Extensive preclinical and clinical testing has highlighted that targeting one facet of the immune system may not be an effective strategy for achieving a globally effective HIV vaccine. The lessons learned from the T cell vaccine era (second wave) emphasize that adopting a “more is better” approach, such as aiming for strong CD8+ T cell responses or higher levels of interferon-gamma (IFNg) as an efficacy marker, has proven inadequate. Intriguingly, the only vaccine to achieve partial protection against HIV acquisition did not induce strong anti-viral CD8+ T cells, but protective CD4 and non-neutralizing antibodies to the V2 loop. Furthermore, this same vaccine failed to reduce the HIV replication levels in individuals who became infected. It appears that safeguarding against viral replication and acquisition may require distinct immune responses. This notion finds support in the observation that successful viral load control in macaques did not translate into protection against acquisition in humans, and in some instances, it even heightened the risk of viral acquisition. It is therefore worthwhile to reconsider the strategy by emphasizing a short-term vaccine approach focused on preventing acquisition rather than striving for long-lasting protection (like bNabs approaches). Alternatively, new adjuvants could be developed to circumvent the necessity of inducing CD4+ T cells or to redirect CD4+ T cells away from transmission sites, possibly using innovative strategies, such as chemokines, heat shock proteins, or other delivery strategies aimed at inducing site-specific responses [278,279].
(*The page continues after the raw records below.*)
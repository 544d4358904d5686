-- ===== src/Bridge/Sound.antt =====
-- The invariant of a bridge process: what the flags of its objects say of the monitor's status.
pub mod Flags
pub mod Kafka
pub mod Cdc
pub mod Held
pub mod Poll
pub mod Ack
pub mod Mode
pub mod Txn
pub mod Stages
pub mod Step
pub mod Turn
pub mod Session
use kafka_fdb_streamline.Common.{
  ⊤, ℕ, Bool, true, false, ◌&&◌, ◌||◌, not, Option, none, some, List, [], ◌∷◌, ◌++◌, ◌≡◌, refl,
  if◌then◌else◌, is_empty, arith, if_cases, subst, sym, ◌∙◌,
}
use kafka_fdb_streamline.Exec.{Result, ok, err}
use kafka_fdb_streamline.Exec.Keeps.{Keeps}
use kafka_fdb_streamline.World.{
  RdCall, Callback, delivery_report, client_error, Event, Env, Producer, Pipeline, World,
}
use kafka_fdb_streamline.Kafka.Producer.{on_callback, on_callbacks, rd}
use kafka_fdb_streamline.Bridge.Monitor.{Status, status, reports_failure}

abbrev pub status_of : World → Status
status_of w = status w.producer.transactional w.trace

-- The pipeline's own attributes are `p`, and no acknowledgement was out of turn. Without transactions a failed delivery stays on record. While a
-- reply awaits its acknowledgement, the consumer is there or the listener is closed.
pub record IsCore (p : Pipeline) (w : World) : Type 0 where
  pub pipeline : w.pipeline ≡ p
  pub safe : (status_of w).safe ≡ true
  pub linked :
      w.producer.transactional ≡ false
      → (status_of w).failed ≡ true
      → is_empty w.producer.delivery_errors ≡ false
  pub attached :
      w.listener.awaiting_ack ≡ true → (w.listener.consumer || w.listener.is_closed) ≡ true

transactional-on_callbacks :
    (p : Producer) (callbacks : List Callback)
    → (on_callbacks p callbacks).transactional ≡ p.transactional
unfolding on_callbacks
transactional-on_callbacks p [] = refl
transactional-on_callbacks p (delivery_report none ∷ rest) = transactional-on_callbacks p rest
transactional-on_callbacks p (delivery_report (some e) ∷ rest) =
    transactional-on_callbacks (on_callback p (delivery_report (some e))) rest
transactional-on_callbacks p (client_error e ∷ rest) =
    transactional-on_callbacks (on_callback p (client_error e)) rest

nonempty-append {ℓ} : {A : Type ℓ} (xs : List A) (x : A) → is_empty (xs ++ x ∷ []) ≡ false
nonempty-append [] x = refl
nonempty-append (y ∷ ys) x = refl

errors-on_callbacks :
    (p : Producer) (callbacks : List Callback)
    → is_empty p.delivery_errors ≡ false
    → is_empty (on_callbacks p callbacks).delivery_errors ≡ false
unfolding on_callbacks
errors-on_callbacks p [] h = h
errors-on_callbacks p (delivery_report none ∷ rest) h = errors-on_callbacks p rest h
errors-on_callbacks p (delivery_report (some e) ∷ rest) h =
    errors-on_callbacks (on_callback p (delivery_report (some e))) rest
      (nonempty-append p.delivery_errors e)
errors-on_callbacks p (client_error e ∷ rest) h =
    errors-on_callbacks (on_callback p (client_error e)) rest h

failure-on_callbacks :
    (p : Producer) (callbacks : List Callback)
    → reports_failure callbacks ≡ true
    → is_empty (on_callbacks p callbacks).delivery_errors ≡ false
unfolding on_callbacks
failure-on_callbacks p [] h = cc
failure-on_callbacks p (delivery_report none ∷ rest) h = failure-on_callbacks p rest h
failure-on_callbacks p (delivery_report (some e) ∷ rest) h =
    errors-on_callbacks (on_callback p (delivery_report (some e))) rest
      (nonempty-append p.delivery_errors e)
failure-on_callbacks p (client_error e ∷ rest) h =
    failure-on_callbacks (on_callback p (client_error e)) rest h

linked-on_callbacks :
    (p : Producer) (callbacks : List Callback) (failed : Bool)
    → (failed ≡ true → is_empty p.delivery_errors ≡ false)
    → (failed || reports_failure callbacks) ≡ true
    → is_empty (on_callbacks p callbacks).delivery_errors ≡ false
linked-on_callbacks p callbacks true h e = errors-on_callbacks p callbacks (h refl)
linked-on_callbacks p callbacks false h e = failure-on_callbacks p callbacks e

-- A call of librdkafka acknowledges nothing.
pub rd-IsCore : (p : Pipeline) (env : Env) (call : RdCall) → Keeps (IsCore p) (rd env call)
unfolding rd
rd-IsCore p env call = record {
  at = λ w h.
      let callbacks = (env.rd w.trace call).callbacks in
      let same = transactional-on_callbacks w.producer callbacks in
      if_cases (λ (x : Result ℕ × World). IsCore p x.1) w.producer.handle _ _
        (λ _. record {
          safe = subst (λ (b : Bool). (status b w.trace).safe ≡ true) (sym same) h.safe;
          linked = λ plain. linked-on_callbacks w.producer callbacks _ (λ f.
              h.linked (sym same ∙ plain)
                (subst (λ (b : Bool). (status b w.trace).failed ≡ true) same f));
          pipeline = h.pipeline;
          attached = h.attached;
        })
        (λ _. h);
}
We find ourselves in what could be considered a new era of vaccine development, although it can be challenging to accurately define waves while actively experiencing them. Undoubtedly, the emergence of the COVID-19 pandemic has transformed how we disseminate scientific information and, most importantly, has underscored the urgency of expediting vaccine testing in human subjects. Current challenges in the preclinical field include the availability of specific NHP models in the post-COVID era and cost constraints. National Primate Centers are actively expanding their colonies due to disruptions in supplies from other countries. Cost limitations are particularly pertinent in low-dose repeated challenge models, where achieving statistical power necessitates larger animal groups. Furthermore, conducting side-by-side comparisons of multiple vaccines can be financially burdensome and often impractical unless clear indicators of protection have been identified and thoroughly studied. Despite these considerations and challenges, the NHP model remains an indispensable tool in vaccine research, offering a crucial bridge between preclinical studies and the complex human clinical trial phase.

Finally, by examining the ongoing efforts and advancements in HIV prevention research, we hope to contribute to the collective knowledge and foster new ideas that can pave the way for the development of an effective HIV vaccine.